Mirror movements in parkinsonism: evaluation of a new clinical sign
- Division of Neurology, Department of Medicine, Toronto Western Research Institute, University of Toronto, Toronto, Ontario MST 258, Canada
- Correspondence to: Dr A E Lang Toronto Western Hospital, Division of Neurology, 399 Bathurst Street, MC 7-413, Toronto, Ontario M5T 2S8, Canada;
- Received 7 January 2005
- Accepted 12 April 2005
- Revised 5 April 2005
Background: Mirror movements (MM) are not widely appreciated in parkinsonism and no report has evaluated this clinical sign in detail.
Objectives: To define the parkinsonian clinical features associated with MM in patients with early, asymmetric parkinsonism.

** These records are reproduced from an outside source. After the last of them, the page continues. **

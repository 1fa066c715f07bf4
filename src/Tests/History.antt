-- ===== src/Tests/History.antt =====
-- Histories of the coordinator, and whole dispatches, on concrete inputs.
use correctness_bench.Common.{
  ℕ, ◌+◌, ◌-◌, ◌*◌, ◌%◌, ◌≡◌, ◌<◌, ◌≤◌, refl, Bool, true, false, none, some, List, [], ◌∷◌, ◌++◌,
  map, String, arith, ltb, leb, length, length-map, if◌then◌else◌, lookup, u64_mod, any, keep,
  str_eq, ◌==◌, ◌&&◌, ◌||◌, Option,
}
use mathlib.Core.List.Perm
use correctness_bench.Float.Fixed.{Fixed, fixed_float}
use correctness_bench.Hist.Listed.{Listed, listed_hdr}
use correctness_bench.Proto.{Assignment}
use correctness_bench.Worker.Ticks.Deltas.{Column}
use correctness_bench.Coordinator.{new, register_run, is_run_active, abort_run}
use correctness_bench.Coordinator.History.{
  Event, registers, heartbeats, scans, starts, aborts, replay, reaped, scan_at,
}
use correctness_bench.Coordinator.History.Refines.{see_all, replay-see_all}
use correctness_bench.Coordinator.History.Invariant.{fits, latest, Since, replay-fits}
use correctness_bench.Coordinator.History.Reaper.{reaped-lookup}
use correctness_bench.Coordinator.History.Runs.{is_abort}
use correctness_bench.Coordinator.History.Attentive.{falls_silent, last_beat, replay-last_beat}
use correctness_bench.Coordinator.Dispatch.{WorkerSummary, Meanwhile, assignments, conduct}
use correctness_bench.Coordinator.Dispatch.Tallies.{fleet_total}
use correctness_bench.Coordinator.Dispatch.Abort.{conduct-replay}
use correctness_bench.Coordinator.Dispatch.EndToEnd.{streamed}
use correctness_bench.Coordinator.Dispatch.Stop.{deliver, is_cancelled, abort_run-deliver}
use correctness_bench.Coordinator.Dispatch.Order.{conduct-Perm}
use correctness_bench.Tests.Data as Data
use correctness_bench.Tests.Data.{a_turn}
use correctness_bench.Worker.Run.{enters, turns, cancelled}
use correctness_bench.Coordinator.Dispatch.Reports.{
  Work, Task, fleeted, sum_reports, conduct-reported,
}
use correctness_bench.Tests.Fleet.{spec, worker_at, one_worker, joining, handle, busy, summary_of}

abbrev joins : List Event
joins =
    registers 0 joining
    ∷ heartbeats 1_000_000 "w2"
    ∷ heartbeats 900_000 "w2"
    ∷ starts "other" handle
    ∷ scans 3_500_000
    ∷ aborts "other"
    ∷ []

replay-see_all_example :
    lookup "w2" (replay joins one_worker).workers
    ≡ see_all "w2" joins (lookup "w2" one_worker.workers)
unfolding lookup
replay-see_all_example = replay-see_all "w2" joins one_worker (refl, tt)

joins-Since : Since 0 joins
joins-Since =
    (omega arith, (omega arith, (omega arith, (omega arith, (omega arith, (omega arith, tt))))))

replay-fits_example :
    (fits 0 (latest 0 0 joins) "w2" (lookup "w2" (replay joins new).workers) ≡ true)
    × (lookup "w2" (replay (joins ++ (scans 4_500_000 ∷ [])) new).workers
        ≡ keep
            (λ w. leb (4_500_000 - w.last_heartbeat) 3_000_000)
            (lookup "w2" (replay joins new).workers))
replay-fits_example = replay-fits 0 4_500_000 "w2" joins joins-Since

reaped-lookup_example :
    (lookup "w1" (reaped 0 5 one_worker).workers
      ≡ (if ltb (0 + 3_000_000) (0 + 5 * 1_000_000) then none else some (worker_at 0)))
    × ((late : ℕ) × (0 + 3_000_000 < scan_at 0 late) × (scan_at 0 late ≤ 0 + 4_000_000))
unfolding lookup
reaped-lookup_example =
    reaped-lookup 0 5 "w1" (worker_at 0) one_worker (refl, tt) refl (omega arith)

replay-last_beat_example : lookup "w1" (replay joins one_worker).workers ≡ (
    if falls_silent "w1" joins 0
    then none
    else some (record (worker_at 0) { last_heartbeat = last_beat "w1" joins 0 }))
unfolding lookup
replay-last_beat_example = replay-last_beat "w1" joins (worker_at 0) one_worker (refl, tt) refl refl

abbrev finishing : String × (Bool × String) × Assignment Fixed → Option (WorkerSummary Fixed)
finishing task = some (summary_of 3)

abbrev stopping : List Event
stopping = heartbeats 5 "w1" ∷ aborts "run" ∷ []

conduct-replay_example :
    let meanwhile : Meanwhile Fixed = record { results = map finishing; state = replay stopping } in
    let (after, s) = conduct 0 9 meanwhile spec (worker_at 0 ∷ []) one_worker in
    (s.aborted ≡ any (is_abort "run") stopping)
    × (s.workers_lost ≡ (if any (is_abort "run") stopping then 0 else 1 - s.workers_finished))
    × (length s.warnings ≡ (if ltb 0 s.workers_lost then 1 else 0))
    × (is_run_active "run" after ≡ false)
unfolding lookup
conduct-replay_example =
    conduct-replay 0 9 (map finishing) stopping spec (worker_at 0 ∷ []) one_worker (refl, λ j. refl)
      refl (λ tasks. length-map finishing tasks)

conduct-Perm_example :
    let meanwhile : Meanwhile Fixed = record { results = map finishing; state = replay joins } in
    let s = (conduct 0 9 meanwhile spec (worker_at 0 ∷ worker_at 1 ∷ []) one_worker).1 in
    let t = (conduct 0 9 meanwhile spec (worker_at 1 ∷ worker_at 0 ∷ []) one_worker).1 in
    (fleet_total Column.pass s ≡ fleet_total Column.pass t)
    × (s.workers_finished ≡ t.workers_finished)
    × (s.workers_lost ≡ t.workers_lost)
    × (length s.warnings ≡ length t.warnings)
    × (s.aborted ≡ t.aborted)
unfolding lookup
conduct-Perm_example =
    conduct-Perm Column.pass 0 9 finishing joins spec (worker_at 0 ∷ worker_at 1 ∷ [])
      (worker_at 1 ∷ worker_at 0 ∷ []) one_worker (Perm.swap (worker_at 1) (worker_at 0) [])
      (refl, λ j. refl) refl

-- two seconds of a worker: a turn of each connection, and a turn cut short by an abort
abbrev two_seconds : Task Fixed → Work Fixed ℕ
two_seconds task = record {
  spec = Data.spec;
  connects = true ∷ true ∷ [];
  segments =
      (enters 1 ∷ turns 1 a_turn ∷ enters 0 ∷ [])
      ∷ (cancelled ∷ turns 0 a_turn ∷ enters 0 ∷ [])
      ∷ [];
  started = 5;
  elapsed_ns = 2_000_000_000;
}

conduct-reported_example :
    let tasks = assignments spec 100_000_000 7 (worker_at 0 ∷ []) in
    let meanwhile : Meanwhile Fixed = record {
      results = λ tasks. streamed (map (fleeted Listed two_seconds) tasks);
      state = λ s. s;
    } in
    let s = (conduct 7 9 meanwhile spec (worker_at 0 ∷ []) one_worker).1 in
    (fleet_total Column.pass s ≡ sum_reports Listed Column.pass (map two_seconds tasks) % u64_mod)
    × (s.workers_finished ≡ 1)
    × (s.workers_lost ≡ 0)
    × (length s.warnings ≡ 0)
conduct-reported_example =
    conduct-reported Listed Column.pass 7 9 two_seconds (λ s. s) spec (worker_at 0 ∷ []) one_worker
      (λ task. omega arith)

abort_run-deliver_example :
    let (accepted, calls) =
      (abort_run "run" (replay joins (register_run "run" handle one_worker))).1 in
    (accepted ≡ true)
    × (is_cancelled 0 (deliver (λ a. true) calls (λ a. busy 0) "localhost:9000") ≡ (
        any (λ a. true && str_eq "localhost:9000" a) handle.worker_addrs && 0 == 0
        || is_cancelled 0 (busy 0)))
unfolding lookup
abort_run-deliver_example =
    abort_run-deliver "run" "localhost:9000" handle joins one_worker (λ a. true) (λ a. busy 0) 0 0
      refl refl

Methods: Twenty seven patients with early Parkinson’s disease were evaluated using a standardised videotaping protocol. MM were scored from blinded video assessment using a clinical scale that rates the amplitude, distribution, and proportion of mirroring in the less affected limb. Parkinsonian features were combined into axial and lateralised scores using related items of the Unified Parkinson’s Disease Rating Scale.
Results: MM were present in 24 of 27 patients. There was a significant linear correlation between the degree of asymmetry of motor deficits and MM on the less affected side. The effect of asymmetry was greater when the proportional rather than the absolute motor difference between sides was largest. Asymmetry in leg rigidity was the most important examination feature in the prediction of contralateral foot mirroring.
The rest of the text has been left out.